That’s such a Charlie Kaufman thing to do.

Of course director Michel Gondry also played a big part in the magic of Eternal Sunshine, and he gets a story credit as well. The practical effects and clever production design go a long way to bringing to life the chaotic dreamscape of the story, which shifts seamlessly from place to place, from reality to memory to imagination, from anger and confusion and despair to self-awareness and forgiveness and even love.

Joel and Clementine are deeply flawed characters. She can be charming and vivacious, but she’s also volatile and easily offended.

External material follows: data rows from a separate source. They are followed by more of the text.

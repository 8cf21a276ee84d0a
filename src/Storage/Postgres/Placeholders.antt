-- ===== src/Storage/Postgres/Placeholders.antt =====
-- The placeholders and the arguments that `WriteBatch` of pkg/storage/plugins/postgres builds.
use extend_game_telemetry_co.Prelude.{
  ℕ, zero, suc, ◌∙◌, ap, ◌+◌, ◌*◌, ◌≡◌, refl, List, [], ◌∷◌, ◌++◌, Option, none, some, Text, length,
  arith, map, sym, if◌then◌else◌, append_assoc, count, join, decimal, codes, Bool, true, false, inl,
  inr, Option-cases,
}
use extend_game_telemetry_co.Events.{Value, Fields, get, str}
use extend_game_telemetry_co.Storage.{prepare_all, cons_some}
use extend_game_telemetry_co.Storage.Postgres.{
  row_args, row_of, placeholders, transform, build, add_row, Values,
}

-- The columns of the table that a document fills, and those of the INSERT.
abbrev pub document_columns : List Text
document_columns =
    codes "namespace"
    ∷ codes "user_id"
    ∷ codes "event_id"
    ∷ codes "timestamp"
    ∷ codes "server_timestamp"
    ∷ []

abbrev pub insert_columns : List Text
insert_columns = document_columns ++ codes "payload" ∷ []

-- The parenthesis with $n, …, $(n + 5).
abbrev pub group : ℕ → Text
group n =
    codes "("
    ++ join (codes ",") (map (λ i. codes "$" ++ decimal (n + i)) (0 ∷ 1 ∷ 2 ∷ 3 ∷ 4 ∷ 5 ∷ []))
    ++ codes ")"

-- As many parentheses, with the numbers going on.
abbrev pub groups : ℕ → ℕ → List Text
groups n zero = []
groups n (suc k) = group n ∷ groups (n + 6) k

placeholders-group : (n : ℕ) → placeholders n ≡ group n
unfolding placeholders join
placeholders-group n = let none_added : n + 0 ≡ n = omega arith in rw none_added (simp append_assoc)

-- The arguments of a document with the encoded payload: one for each column of the INSERT.
abbrev pub cells : Fields → Text → List Value
cells doc json = map (λ name. get name doc) document_columns ++ str json ∷ []

-- The arguments of an event with its encoded payload, if there is one.
abbrev pub cells_of : Fields → Option Text → List Value
cells_of doc none = []
cells_of doc (some json) = cells doc json

abbrev pub is_encoded : Option Text → Bool
is_encoded none = false
is_encoded (some json) = true

add_row-groups :
    (doc : Fields) (o : Option Text) (n : ℕ) (rest : ℕ → Values) (k : ℕ) (args : List Value)
    → ((m : ℕ) → rest m ≡ (groups m k, args))
    → add_row n (row_of doc o) rest
      ≡ (groups n ((if is_encoded o then 1 else 0) + k), cells_of doc o ++ args)
unfolding add_row row_args row_of
add_row-groups doc none n rest k args same =
    let none_added : 0 + k ≡ k = omega arith in
    rest_is (same n) (ap (λ m. groups n m) (sym none_added))
  where
    rest_is : {x : Values} {y z : List Text} → x ≡ (y, args) → y ≡ z → x ≡ (z, args)
    rest_is e f = e ∙ ap (λ y. (y, args)) f
add_row-groups doc (some json) n rest k args same =
    let one_more : suc k ≡ 1 + k = omega arith in
    ap (λ r. (placeholders n ∷ r.0, cells doc json ++ r.1)) (same (n + 6))
    ∙ (ap (λ p. (p ∷ groups (n + 6) k, cells doc json ++ args)) (placeholders-group n)
        ∙ ap (λ m. (groups n m, cells doc json ++ args)) one_more)

module _ (marshal : Value → Option Text) {E : Type 0} (to_document : E → Fields) where
  length-build_from :
      (events : List E) (arg_pos : ℕ)
      → (length (build marshal to_document events arg_pos).0
          ≡ length (prepare_all (transform marshal to_document) events))
        × (length (build marshal to_document events arg_pos).1
            ≡ length (prepare_all (transform marshal to_document) events) * 6)
  unfolding build add_row row_args prepare_all cons_some
  length-build_from [] arg_pos = (refl, refl)
  length-build_from (e ∷ events) arg_pos = elim (Option-cases (transform marshal to_document e)) [
    | inl failed ↦ rw failed (length-build_from events arg_pos)
    | inr (row, made) ↦ rw made (
      omega (arith, length-build_from events (arg_pos + 6)),
      omega (arith, length-build_from events (arg_pos + 6)),
    )
  ]

  -- Each event that `transform` can convert has one parenthesis and six arguments, the others have
  -- none.
  pub length-build :
      (events : List E)
      → (length (build marshal to_document events 1).0
          ≡ length (prepare_all (transform marshal to_document) events))
        × (length (build marshal to_document events 1).1
            ≡ length (prepare_all (transform marshal to_document) events) * 6)
  length-build events = length-build_from events 1

  -- The arguments of a batch: those of each event whose payload can be encoded, in order.
  abbrev pub batch_cells : List E → List Value
  batch_cells [] = []
  batch_cells (e ∷ events) =
      cells_of (to_document e) (marshal (get (codes "payload") (to_document e)))
      ++ batch_cells events

  abbrev pub encodable : E → Bool
  encodable e = is_encoded (marshal (get (codes "payload") (to_document e)))

  build-groups :
      (events : List E) (n : ℕ)
      → build marshal to_document events n ≡ (groups n (count encodable events), batch_cells events)
  unfolding build transform
  build-groups [] n = refl
  build-groups (e ∷ events) n =
      add_row-groups (to_document e) (marshal (get (codes "payload") (to_document e))) n
        (build marshal to_document events) (count encodable events) (batch_cells events)
        (build-groups events)

  -- What `WriteBatch` builds. For every batch: one parenthesis with six placeholders for each event
  -- whose payload can be encoded, numbered on from $1 without a gap, and the arguments of these
  -- events in order, each event's being the fields of its document under the names of the columns of
  -- the INSERT (namespace, user_id, event_id, timestamp, server_timestamp), then the encoded payload.
  pub arguments_line_up :
      (events : List E)
      → build marshal to_document events 1 ≡ (groups 1 (count encodable events), batch_cells events)
  arguments_line_up events = build-groups events 1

Her reliance on alcohol does her no favors. Joel has an intelligence that can cross the line into arrogance, and also an innate cowardice that prevents him from fully committing to the relationship or even to life. They’re perfect for each other, if only they could get it right. It’s also easy to argue that their relationship is doomed from the start, and probably from the restart as well.

Well you don't know me so you don't know, do you?

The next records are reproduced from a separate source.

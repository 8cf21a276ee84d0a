-- ===== src/Storage/Postgres/Writes.antt =====
-- How `WriteBatch` of pkg/storage/plugins/postgres ends.
use extend_game_telemetry_co.Prelude.{
  ℕ, codes, join, count, append_assoc, suc, ◌+◌, ◌≡◌, ◌≢◌, refl, List, [], ◌∷◌, ◌++◌, Option, none,
  some, Text, ℤ, pos, arith, ap, sym, ◌∙◌, length, ◌⊎◌, inl, inr, Option-cases,
}
use extend_game_telemetry_co.Events.{Value, Fields}
use extend_game_telemetry_co.Storage.{prepare_all, cons_some}
use extend_game_telemetry_co.Storage.Postgres.{
  PluginConfig, Database, Call, begin_tx, commit_tx, rollback_tx, exec_query, Error, commit_failed,
  write_batch, write_values, insert_values, build, transform, Values, Row, row_args, add_row,
  query_of,
}
use extend_game_telemetry_co.Storage.Postgres.Placeholders.{
  length-build, insert_columns, groups, batch_cells, encodable, arguments_line_up,
}

-- How many commits there are among the calls.
abbrev pub commits : List Call → ℕ
commits [] = 0
commits (commit_tx ∷ calls) = suc (commits calls)
commits (_ ∷ calls) = commits calls

-- The last call.
abbrev pub last_call : List Call → Option Call
last_call [] = none
last_call (c ∷ []) = some c
last_call (c ∷ d ∷ calls) = last_call (d ∷ calls)

-- What `WriteBatch` leaves: its calls, and the count and the error that it returns.
abbrev pub Ending : Type 0
Ending = List Call × (ℤ × Option Error)

-- No event is counted, and none is committed, unless the commit reported the error.
abbrev pub NothingWritten : Ending → Error → Type 0
NothingWritten ending error =
    (ending.1.0 ≡ pos 0) × ((commits ending.0 ≡ 0) ⊎ ((e : Text) × (error ≡ commit_failed e)))

insert_values-NothingWritten :
    (database : Database) (query : Text) (args : List Value) (error : Error)
    → (insert_values database query args).1.1 ≡ some error
    → NothingWritten (insert_values database query args) error
unfolding insert_values
insert_values-NothingWritten database query args error h =
    elim (Option-cases (database.exec_error query args)) [
      | inl executed ↦ elim (Option-cases database.commit_error) [
        | inl committed ↦ ground (arith, executed, committed)
        | inr (e, failed) ↦
            (ground (arith, executed, failed), inr (e, ground (arith, executed, failed)))
      ]
      | inr (e, failed) ↦ (ground (arith, failed), inl (ground (arith, failed)))
    ]

write_values-NothingWritten :
    (database : Database) (cfg : PluginConfig) (values : Values) (error : Error)
    → (write_values database cfg values).1.1 ≡ some error
    → NothingWritten (write_values database cfg values) error
unfolding write_values
write_values-NothingWritten database cfg ([], args) error h = (refl, inl refl)
write_values-NothingWritten database cfg (s ∷ strings, args) error h =
    insert_values-NothingWritten database (query_of cfg.table (s ∷ strings)) args error h

insert_values-ends :
    (database : Database) (query : Text) (args : List Value)
    → last_call (insert_values database query args).0 ≡ some rollback_tx
unfolding insert_values
insert_values-ends database query args = ground arith

write_values-ends :
    (database : Database) (cfg : PluginConfig) (values : Values)
    → last_call (write_values database cfg values).0 ≡ some rollback_tx
unfolding write_values
write_values-ends database cfg ([], args) = refl
write_values-ends database cfg (s ∷ strings, args) =
    insert_values-ends database (query_of cfg.table (s ∷ strings)) args

module _ (marshal : Value → Option Text) {E : Type 0} (to_document : E → Fields) where
  -- A batch that ends with an error counts no event, and makes no commit, unless it is the commit
  -- itself that reports the error.
  pub failed_write :
      (database : Database) (cfg : PluginConfig) (events : List E) (error : Error)
      → (write_batch marshal to_document database cfg events).1.1 ≡ some error
      → NothingWritten (write_batch marshal to_document database cfg events) error
  unfolding write_batch
  failed_write database cfg [] error h = ground arith
  failed_write database cfg (e ∷ events) error h = elim (Option-cases database.begin_error) [
    | inl begun ↦ ground (
      arith,
      begun,
      write_values-NothingWritten database cfg (build marshal to_document (e ∷ events) 1) error,
    )
    | inr (reason, failed) ↦ ground (arith, failed)
  ]

  -- For a batch that is not empty, when the transaction begins without an error, it is ended: the
  -- last call is the deferred rollback.
  pub transaction_ends :
      (database : Database) (cfg : PluginConfig) (e : E) (events : List E)
      → database.begin_error ≡ none
      → last_call (write_batch marshal to_document database cfg (e ∷ events)).0 ≡ some rollback_tx
  unfolding write_batch
  transaction_ends database cfg e events begun =
      rw begun (write_values-ends database cfg (build marshal to_document (e ∷ events) 1))

successful_values :
    (database : Database) (cfg : PluginConfig) (values : Values) (args : List Value)
    → values.1 ≡ args
    → values.0 ≢ []
    → ((query : Text) (args' : List Value) → database.exec_error query args' ≡ none)
    → database.commit_error ≡ none
    → (query : Text) × (write_values database cfg values ≡ (
      begin_tx ∷ exec_query query args ∷ commit_tx ∷ rollback_tx ∷ [],
      (database.rows_affected query args, none),
    ))
unfolding write_values insert_values
successful_values database cfg ([], made) args e some_row executed committed =
    elim (some_row refl) [ ]
successful_values database cfg (s ∷ strings, made) args e some_row executed committed = (
  query_of cfg.table (s ∷ strings),
  rw e (rw (insert_values, executed (query_of cfg.table (s ∷ strings)) args) (rw committed refl)),
)

pub length-nil : {A : Type 0} (xs : List A) → length xs ≡ 0 → xs ≡ []
length-nil [] h = refl
length-nil (x ∷ xs) h = ground arith

-- The arguments of rows, one row after the other.
abbrev pub arguments : List Row → List Value
arguments [] = []
arguments (row ∷ rows) = row_args row ++ arguments rows

module _ (marshal : Value → Option Text) {E : Type 0} (to_document : E → Fields) where
  pub build-arguments :
      (events : List E) (arg_pos : ℕ)
      → (build marshal to_document events arg_pos).1
        ≡ arguments (prepare_all (transform marshal to_document) events)
  unfolding build add_row prepare_all cons_some
  build-arguments [] arg_pos = refl
  build-arguments (e ∷ events) arg_pos = elim (Option-cases (transform marshal to_document e)) [
    | inl failed ↦ rw failed (build-arguments events arg_pos)
    | inr (row, made) ↦ rw made (ap (λ a. row_args row ++ a) (build-arguments events (arg_pos + 6)))
  ]

  -- On a database that reports no error, the arguments of the statement are those of the rows.
  pub clean_write :
      (database : Database) (cfg : PluginConfig) (e : E) (events : List E)
      → prepare_all (transform marshal to_document) (e ∷ events) ≢ []
      → database.begin_error ≡ none
      → ((query : Text) (args : List Value) → database.exec_error query args ≡ none)
      → database.commit_error ≡ none
      → (query : Text) × (write_batch marshal to_document database cfg (e ∷ events) ≡ (
        begin_tx
            ∷ exec_query query
                (arguments (prepare_all (transform marshal to_document) (e ∷ events)))
            ∷ commit_tx
            ∷ rollback_tx
            ∷ [],
        (
          database.rows_affected query
              (arguments (prepare_all (transform marshal to_document) (e ∷ events))),
          none,
        ),
      ))
  unfolding write_batch
  clean_write database cfg e events some_row begun executed committed =
      let values = build marshal to_document (e ∷ events) 1 in
      let rows = prepare_all (transform marshal to_document) (e ∷ events) in
      let strings_too : values.0 ≢ [] = λ none_made. some_row (
        length-nil rows
          (sym (length-build marshal to_document (e ∷ events)).0 ∙ ap length none_made)) in
      rw begun (
        successful_values database cfg values (arguments rows) (build-arguments (e ∷ events) 1)
          strings_too executed committed)

-- How an INSERT of rows into a table begins, with the columns that it fills.
abbrev pub insert_start : Text → Text
insert_start table =
    codes "INSERT INTO "
    ++ table
    ++ codes " ("
    ++ join (codes ", ") insert_columns
    ++ codes ") VALUES "

-- The text of an INSERT of a number of rows.
abbrev pub insert_text : Text → ℕ → Text
insert_text table rows = insert_start table ++ join (codes ",") (groups 1 rows)

query_of-text : (table : Text) (rows : ℕ) → query_of table (groups 1 rows) ≡ insert_text table rows
unfolding query_of join
query_of-text table rows = simp append_assoc

-- What a batch of so many rows does to the database, and what it returns, if nothing fails.
abbrev pub one_insert : Database → Text → List Value → Ending
one_insert database query args = (
  begin_tx ∷ exec_query query args ∷ commit_tx ∷ rollback_tx ∷ [],
  (database.rows_affected query args, none),
)

insert_values-ok :
    (database : Database) (query : Text) (args : List Value)
    → (insert_values database query args).1.1 ≡ none
    → insert_values database query args ≡ one_insert database query args
unfolding insert_values
insert_values-ok database query args ok = elim (Option-cases (database.exec_error query args)) [
  | inl executed ↦ elim (Option-cases database.commit_error) [
    | inl committed ↦ rw (insert_values, executed) (rw committed refl)
    | inr (e, failed) ↦ ground (arith, executed, failed, ok)
  ]
  | inr (e, failed) ↦ ground (arith, failed, ok)
]

write_values-ok :
    (database : Database) (cfg : PluginConfig) (values : Values)
    → (write_values database cfg values).1.1 ≡ none
    → write_values database cfg values ≡ one_insert database (query_of cfg.table values.0) values.1
unfolding write_values
write_values-ok database cfg ([], args) ok = cc
write_values-ok database cfg (s ∷ strings, args) ok =
    insert_values-ok database (query_of cfg.table (s ∷ strings)) args ok

module _ (marshal : Value → Option Text) {E : Type 0} (to_document : E → Fields) where
  begun_write :
      (database : Database) (cfg : PluginConfig) (e : E) (events : List E)
      → (write_batch marshal to_document database cfg (e ∷ events)).1.1 ≡ none
      → write_batch marshal to_document database cfg (e ∷ events)
        ≡ write_values database cfg (build marshal to_document (e ∷ events) 1)
  unfolding write_batch
  begun_write database cfg e events ok = elim (Option-cases database.begin_error) [
    | inl begun ↦ ground (arith, begun)
    | inr (error, failed) ↦ ground (arith, failed, ok)
  ]

  -- A batch that is not empty and ends without an error was one INSERT. Whatever the database
  -- answers: when `WriteBatch` returns no error, it began a transaction, executed one statement and
  -- committed it, and the deferred rollback came last. The statement inserts into the table's columns
  -- namespace, user_id, event_id, timestamp, server_timestamp and payload one row of placeholders for
  -- each event whose payload can be encoded, its arguments are these events' values for these columns
  -- in order, and the returned count is what the database says.
  pub successful_write :
      (database : Database) (cfg : PluginConfig) (e : E) (events : List E)
      → (write_batch marshal to_document database cfg (e ∷ events)).1.1 ≡ none
      → write_batch marshal to_document database cfg (e ∷ events)
        ≡ one_insert database
            (insert_text cfg.table (count (encodable marshal to_document) (e ∷ events)))
            (batch_cells marshal to_document (e ∷ events))
  successful_write database cfg e events ok =
      let values = build marshal to_document (e ∷ events) 1 in
      let built = arguments_line_up marshal to_document (e ∷ events) in
      let begun = begun_write database cfg e events ok in
      begun
      ∙ (write_values-ok database cfg values (ap (λ ending. ending.1.1) (sym begun) ∙ ok)
          ∙ (ap (λ v. one_insert database (query_of cfg.table v.0) v.1) built
              ∙ ap
                  (λ query.
                    one_insert database query (batch_cells marshal to_document (e ∷ events)))
                  (query_of-text cfg.table (count (encodable marshal to_document) (e ∷ events)))))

The story is masterful in its characterizations and in giving these people well earned arcs. It's not just Joel and Clementine, but also Patrick and Stan and Howard and Mary who all have to deal with the repercussions of the technology and what they've done with it, and what a mess it's made of their lives. It's Mary, in fact, who seems like a relatively inconsequential character at first, who gets the big late twist that puts the exclamation point on what a bad idea this fancy new technology is.

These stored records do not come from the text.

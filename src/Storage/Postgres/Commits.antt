-- ===== src/Storage/Postgres/Commits.antt =====
-- What reaches the database through the calls of the plugins of pkg/storage/plugins/postgres.
use extend_game_telemetry_co.Prelude.{
  ◌+◌, ◌≡◌, refl, ap, ◌∙◌, sym, codes, join, starts_with, starts_with-append, Bool, false, List, [],
  ◌∷◌, ◌++◌, Option, none, some, Text, arith, inl, inr, List-cases, Option-cases, append_assoc,
  length, count, if◌then◌else◌,
}
use extend_game_telemetry_co.Events.{Value, Fields}
use extend_game_telemetry_co.Storage.{prepare_all, cons_some}
use extend_game_telemetry_co.Storage.Postgres.{
  PluginConfig, Database, Call, begin_tx, commit_tx, rollback_tx, exec_query, open_database,
  set_max_open_conns, set_max_idle_conns, ping, close_database, create_table, write_batch,
  write_values, build, transform, Row, Values,
}
use extend_game_telemetry_co.Storage.Postgres.Placeholders.{
  length-build, groups, encodable, batch_cells, arguments_line_up,
}
use extend_game_telemetry_co.Storage.Postgres.Writes.{
  arguments, length-nil, clean_write, insert_start, build-arguments, successful_write,
}

-- The arguments of the executed INSERTs into the table that are committed, where `pending` are those
-- of the open transaction.
unfoldable pub committed : Text → List Value → List Call → List Value
committed table pending [] = []
committed table pending (begin_tx ∷ calls) = committed table [] calls
committed table pending (exec_query query args ∷ calls) =
    committed table (if starts_with (insert_start table) query then pending ++ args else pending)
      calls
committed table pending (commit_tx ∷ calls) = pending ++ committed table [] calls
committed table pending (rollback_tx ∷ calls) = committed table [] calls
committed table pending (open_database dsn ∷ calls) = committed table pending calls
committed table pending (set_max_open_conns n ∷ calls) = committed table pending calls
committed table pending (set_max_idle_conns n ∷ calls) = committed table pending calls
committed table pending (ping ∷ calls) = committed table pending calls
committed table pending (close_database ∷ calls) = committed table pending calls
committed table pending (create_table query ∷ calls) = committed table pending calls

-- No transaction fails.
abbrev pub NoErrors : Database → Type 0
NoErrors database =
    (database.begin_error ≡ none)
    × ((query : Text) (args : List Value) → database.exec_error query args ≡ none)
    × (database.commit_error ≡ none)

arguments-append : (xs ys : List Row) → arguments (xs ++ ys) ≡ arguments xs ++ arguments ys
arguments-append [] ys = refl
arguments-append (x ∷ xs) ys = simp (arguments-append xs ys, append_assoc)

pub prepare_all-append :
    {E R : Type 0} (prepare : E → Option R) (xs ys : List E)
    → prepare_all prepare (xs ++ ys) ≡ prepare_all prepare xs ++ prepare_all prepare ys
unfolding prepare_all cons_some
prepare_all-append prepare [] ys = refl
prepare_all-append prepare (x ∷ xs) ys = elim (Option-cases (prepare x)) [
  | inl failed ↦ rw failed (prepare_all-append prepare xs ys)
  | inr (row, made) ↦ rw made (ap (λ rest. row ∷ rest) (prepare_all-append prepare xs ys))
]

pub arguments-prepare_all :
    {E : Type 0} (prepare : E → Option Row) (xs ys : List E)
    → arguments (prepare_all prepare (xs ++ ys))
      ≡ arguments (prepare_all prepare xs) ++ arguments (prepare_all prepare ys)
arguments-prepare_all prepare xs ys =
    ap arguments (prepare_all-append prepare xs ys)
    ∙ arguments-append (prepare_all prepare xs) (prepare_all prepare ys)

abbrev pub passes : {R : Type 0} → (R → Bool) → Option R → Bool
passes t none = false
passes t (some row) = t row

pub count-prepare_all :
    {E R : Type 0} (prepare : E → Option R) (t : R → Bool) (xs : List E)
    → count t (prepare_all prepare xs) ≡ count (λ e. passes t (prepare e)) xs
unfolding prepare_all cons_some
count-prepare_all prepare t [] = refl
count-prepare_all prepare t (x ∷ xs) = elim (Option-cases (prepare x)) [
  | inl failed ↦ rw failed (omega (arith, count-prepare_all prepare t xs))
  | inr (row, made) ↦
      rw made (ap (λ n. (if t row then 1 else 0) + n) (count-prepare_all prepare t xs))
]

no_values :
    (database : Database) (cfg : PluginConfig) (values : Values)
    → values.0 ≡ []
    → (write_values database cfg values).0 ≡ begin_tx ∷ rollback_tx ∷ []
unfolding write_values
no_values database cfg ([], args) none_made = refl
no_values database cfg (s ∷ strings, args) none_made = ground arith

module _ (marshal : Value → Option Text) {E : Type 0} (to_document : E → Fields) where
  -- A batch of which no event can be converted is rolled back.
  nothing_written :
      (database : Database) (cfg : PluginConfig) (e : E) (events : List E)
      → database.begin_error ≡ none
      → prepare_all (transform marshal to_document) (e ∷ events) ≡ []
      → (write_batch marshal to_document database cfg (e ∷ events)).0 ≡ begin_tx ∷ rollback_tx ∷ []
  unfolding write_batch
  nothing_written database cfg e events begun no_rows = rw begun (
      no_values database cfg (build marshal to_document (e ∷ events) 1) (
        length-nil (build marshal to_document (e ∷ events) 1).0
          ((length-build marshal to_document (e ∷ events)).0 ∙ ap length no_rows)))

  batch_cells-arguments :
      (events : List E)
      → batch_cells marshal to_document events
        ≡ arguments (prepare_all (transform marshal to_document) events)
  batch_cells-arguments events =
      ap (λ values. values.1) (sym (arguments_line_up marshal to_document events))
      ∙ build-arguments marshal to_document events 1

  -- A batch commits the rows of its convertible events, and leaves no transaction open.
  pub committed-write_batch :
      (database : Database) (cfg : PluginConfig) (events : List E) (later : List Call)
      → NoErrors database
      → committed cfg.table [] ((write_batch marshal to_document database cfg events).0 ++ later)
        ≡ arguments (prepare_all (transform marshal to_document) events)
          ++ committed cfg.table [] later
  unfolding committed write_batch prepare_all
  committed-write_batch database cfg [] later fine = refl
  committed-write_batch database cfg (e ∷ events) later fine =
      elim (List-cases (prepare_all (transform marshal to_document) (e ∷ events))) [
        | inl no_rows ↦ rw (nothing_written database cfg e events fine.0 no_rows, no_rows) refl
        | inr (row, rows, made) ↦
            let (query, clean) =
              clean_write marshal to_document database cfg e events
                (λ no_rows. ground (arith, made, no_rows)) fine.0 fine.1 fine.2 in
            let written =
              successful_write marshal to_document database cfg e events
                (ap (λ ending. ending.1.1) clean) in
            ap (λ ending. committed cfg.table [] (ending.0 ++ later)) written
            ∙ rw
                (starts_with-append (insert_start cfg.table) (
                  join (codes ",") (groups 1 (count (encodable marshal to_document) (e ∷ events)))))
                (ap (λ args. args ++ committed cfg.table [] later)
                  (batch_cells-arguments (e ∷ events)))
      ]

The heart of the story, though, is Joel and Clementine, and rooting for them to fall back in love, whether that's a good idea or not. Lots of credit here goes to Kate Winslet and Jim Carey for making such difficult people so appealing.

I don't need nice. I don't need myself to be it and I don't need anybody else to be it at me.

INT. BARNES AND NOBLE BOOKSTORE - NIGHT

[...]

CLEMENTINE

Look, man, I'm telling you right off the bat, I'm high maintenance. So I'm not going to tiptoe around your marriage or whatever it is you got going there. If you want to be with me, you're with me.

JOEL

Okay.

CLEMENTINE

So make your domestic decisions and maybe we'll talk again.

She goes back to stacking. Joel stands there helplessly.

JOEL

I just think that you have some kind of ... quality that seems really important to me.

The scene is disintegrating. Clementine's speech is delivered without passion.

CLEMENTINE

Joel, I'm not a concept. I want you to just keep that in your head. Too many guys think I'm a concept or I complete them or I'm going to make them alive, but I'm just a fucked-up girl who is looking for my own peace of mind. Don't assign me yours.

JOEL

I remember that speech really well.

CLEMENTINE

(smiling)

I had you pegged, didn't I?

JOEL

You had the whole human race pegged.

CLEMENTINE

Probably.

JOEL

I still thought you were going to save me. Even after that.

CLEMENTINE

I know.

JOEL

It would be different, if we could just give it another go around.

CLEMENTINE

Remember me. Try your best. Maybe we can.

The scene is gone.

It's interesting to compare the script to the completed film. The shooting script that we have access to seems relatively close for a lot of the second act—the part where things get crazy—but there's a lot especially in the first act of the script that comes off as a bit indulgent. There's a lot of talking that doesn't seem to move anything forward at all. It wouldn't fly in a spec script from an unknown writer, but when you're coming off Being John Malkovich they cut you some slack. Anyway, it plays much better and faster in the film after final edits and whatever improvisational changes came about from Carey and Winslet.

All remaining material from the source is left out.